J.-L. Loday [J. Pure Appl. Algebra 24, 179-202 (1982; Zbl 0491.55004)] defines the notion of cat$${}^ n$$-group. Succintly, these are groups with n compatible category structures (or, equivalently, $$(n+1)$$-fold groupoids such that the last structure is a group). Their importance is Loday’s result (loc.cit.) that $$cat^ n$$-groups model all homotopy $$(n+1)$$-types (see also a correction of one lemma in the second author’s paper [J. Lond. Math. Soc., II. Ser. 34, 169-176 (1986; Zbl 0576.55007)].
Loday (loc.cit.) exposes also the joint result with Guin-Waléry that $$cat^ 2$$-groups are equivalent to crossed squares. The present paper proves the important result that $$cat^ n$$-groups are equivalent to crossed n-cubes of groups. Part of the proof involves a generalization of a theorem of W. End [J. Pure Appl. Algebra 18, 111-123 (1980; Zbl 0443.55008)] on groups with n commuting projections.

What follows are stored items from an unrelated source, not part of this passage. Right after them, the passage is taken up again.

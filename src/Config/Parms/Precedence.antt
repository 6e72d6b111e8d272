-- ===== src/Config/Parms/Precedence.antt =====
-- ParseParms as a whole: where the value of a parameter comes from.
use mq_metric_samples.Prelude.{
  Bytes, is_empty, not, ◌||◌, List, [], map, if◌then◌else◌, ◌≡◌, refl, ap, ◌∙◌, In, In-map, arith,
}
use mq_metric_samples.Config.Parms.Entry.{
  ConfigParm, Entry, ConfigParms, sort_entries, In-sort_entries, AllPairs-sort_entries,
}
use mq_metric_samples.Config.Parms.Flags.Settings.{last_setting, Takes, flag_parse-Takes}
use mq_metric_samples.Config.Parms.Flags.{returned, >>=-eq-returned, Machine, flag_parse}
use mq_metric_samples.Config.Parms.Parse.Marks.{marked, In-mark_cli}
use mq_metric_samples.Config.Parms.Parse.Setup.{
  Apart, DistinctLocs, setup_flags-Setup, load-Setup, find_flag-Setup, OnlyFlag-Setup,
}
use mq_metric_samples.Config.Parms.Parse.{
  Process, Parsed, apply_env, env_value, cli_set, mark_cli, has_args, setup_flags, parse_parms,
}
use mq_metric_samples.Config.Parms.Vars.{Value, Vars, load}

-- A parameter's value where the command line says nothing.
abbrev pub fallback : Process → Bytes → ConfigParm → Value
fallback w key p =
    if is_empty (w.getenv key) then p.default_value else env_value p.parm_type (w.getenv key)

-- What ParseParms makes of an entry.
abbrev pub resolved : Process → Bytes → ConfigParm → ConfigParm
resolved w key p = record p {
  default_value = fallback w key p;
  user_set = cli_set p.cli_name w.settings || (not (is_empty (w.getenv key)) || p.user_set);
}

apply_env_lem :
    (w : Process) (key : Bytes) (p : ConfigParm)
    → marked w.settings (apply_env w.getenv (key, p)).1 ≡ resolved w key p
unfolding apply_env
apply_env_lem w key p = ground arith

apply_env-key : (w : Process) (key : Bytes) (p : ConfigParm) → (apply_env w.getenv (key, p)).0 ≡ key
unfolding apply_env
apply_env-key w key p = ground arith

apply_env-default_value :
    (w : Process) (key : Bytes) (p : ConfigParm)
    → (apply_env w.getenv (key, p)).1.default_value ≡ fallback w key p
unfolding apply_env
apply_env-default_value w key p = ground arith

In-marked :
    (w : Process) (key : Bytes) (p : ConfigParm) {es : List Entry}
    → In (key, p) es
    → In (key, resolved w key p) (mark_cli w.settings (map (apply_env w.getenv) es))
In-marked w key p i =
    let k = In-map (apply_env w.getenv) i in
    let e : apply_env w.getenv (key, p) ≡ (key, (apply_env w.getenv (key, p)).1) =
      ap (λ (x : Bytes). (x, (apply_env w.getenv (key, p)).1)) (apply_env-key w key p) in
    rw (← apply_env_lem w key p) (In-mark_cli w.settings (rw e at k))

-- The entries that ParseParms leaves.
pub parse_parms-parms :
    (w : Process) (parms : ConfigParms) (vars : Vars) {r : Parsed}
    → parse_parms w parms vars ≡ returned r
    → r.parms ≡ mark_cli w.settings (map (apply_env w.getenv) (sort_entries parms))
unfolding parse_parms
parse_parms-parms w parms vars {r} h =
    let start : Machine = record { vars = vars; flags = [] } in
    let sorted = sort_entries parms in
    let (s, first, rest) = >>=-eq-returned (setup_flags w.getenv sorted start) _ h in
    let (m', second, end') = >>=-eq-returned (flag_parse w.flag_int w.settings s.1) _ rest in
    let setup = setup_flags-Setup w.getenv sorted start {es' = s.0} {m' = s.1} first in
    let is : r ≡ record { parms = mark_cli w.settings s.0; vars = m'.vars; err = has_args w.args } =
      cc end' in
    rw is (ap (mark_cli w.settings) setup.0)

-- The last setting of the parameter's flag decides its value; without one it is the environment's,
-- and without that the default. The entry is marked as set by the user exactly where one of the
-- first two is there or it was marked before.
pub parse_parms_precedence :
    (w : Process) (parms : ConfigParms) (vars : Vars) {r : Parsed} (key : Bytes) (p : ConfigParm)
    → DistinctLocs parms
    → parse_parms w parms vars ≡ returned r
    → In (key, p) parms
    → Takes w.flag_int p.loc
        (last_setting p.cli_name w.settings)
        (fallback w key p)
        (load p.loc r.vars)
      × In (key, resolved w key p) r.parms
unfolding parse_parms
parse_parms_precedence w parms vars {r} key p distinct h i =
    let start : Machine = record { vars = vars; flags = [] } in
    let sorted = sort_entries parms in
    let (s, first, rest) = >>=-eq-returned (setup_flags w.getenv sorted start) _ h in
    let (m', second, end') = >>=-eq-returned (flag_parse w.flag_int w.settings s.1) _ rest in
    let setup = setup_flags-Setup w.getenv sorted start {es' = s.0} {m' = s.1} first in
    let j = In-sort_entries i in
    let apart = AllPairs-sort_entries Apart (λ e f p. (p.1, p.0)) parms distinct in
    let takes =
      flag_parse-Takes w.flag_int p.cli_name p.loc w.settings s.1
        (find_flag-Setup w.getenv j setup.1) (OnlyFlag-Setup w.getenv j apart setup.1 refl)
        second in
    let before = load-Setup w.getenv j apart setup.1 ∙ apply_env-default_value w key p in
    let is : r ≡ record { parms = mark_cli w.settings s.0; vars = m'.vars; err = has_args w.args } =
      cc end' in
    rw is (rw before at takes, rw setup.0 (In-marked w key p j))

The generalized Van Kampen Theorem (GVKT) proved by the reviewer and J.-L. Loday [Topology 26, 311-335 (1987; see the preceding review)] involves Loday’s fundamental $$cat^ n$$-group functor from n-cubes of spaces to $$cat^ n$$-groups, and makes colimits of $$cat^ n$$-groups useful for applications in homotopy theory. The reviewer and J.-L. Loday [Proc. Lond. Math. Soc., III. Ser. 54, 176-192 (1987; Zbl 0584.55012)] define universal $$cat^ n$$-groups and apply them with the GVKT to generalize the Blakers-Massey result on the first nonvanishing group of a triad. The current paper defines r-universal crossed n-cubes of groups, and gives some computations of the top group $$M_{<n>}$$ of such a crossed n-cube. Further, the GVKT is applied to generalize a result of M. G. Barratt and J. H. C. Whitehead [ibid. 6, 417- 439 (1956; Zbl 0072.180)] on the first nonvanishing homotopy group of an $$(n+1)$$-ad. In particular the formalism allows for a presentation of this group in the cases when it may be non-abelian, and when some of the spaces are not simply connected. The main point is that the GVKT specifies an appropriate universal property, and that the axioms for a crossed n-cube dictate further simplifications of the presentation.
Reviewer: R.Brown

##### MSC:
 55Q05 Homotopy groups, general; sets of homotopy classes 20F12 Commutator calculus 18G55 Nonabelian homotopical algebra (MSC2010)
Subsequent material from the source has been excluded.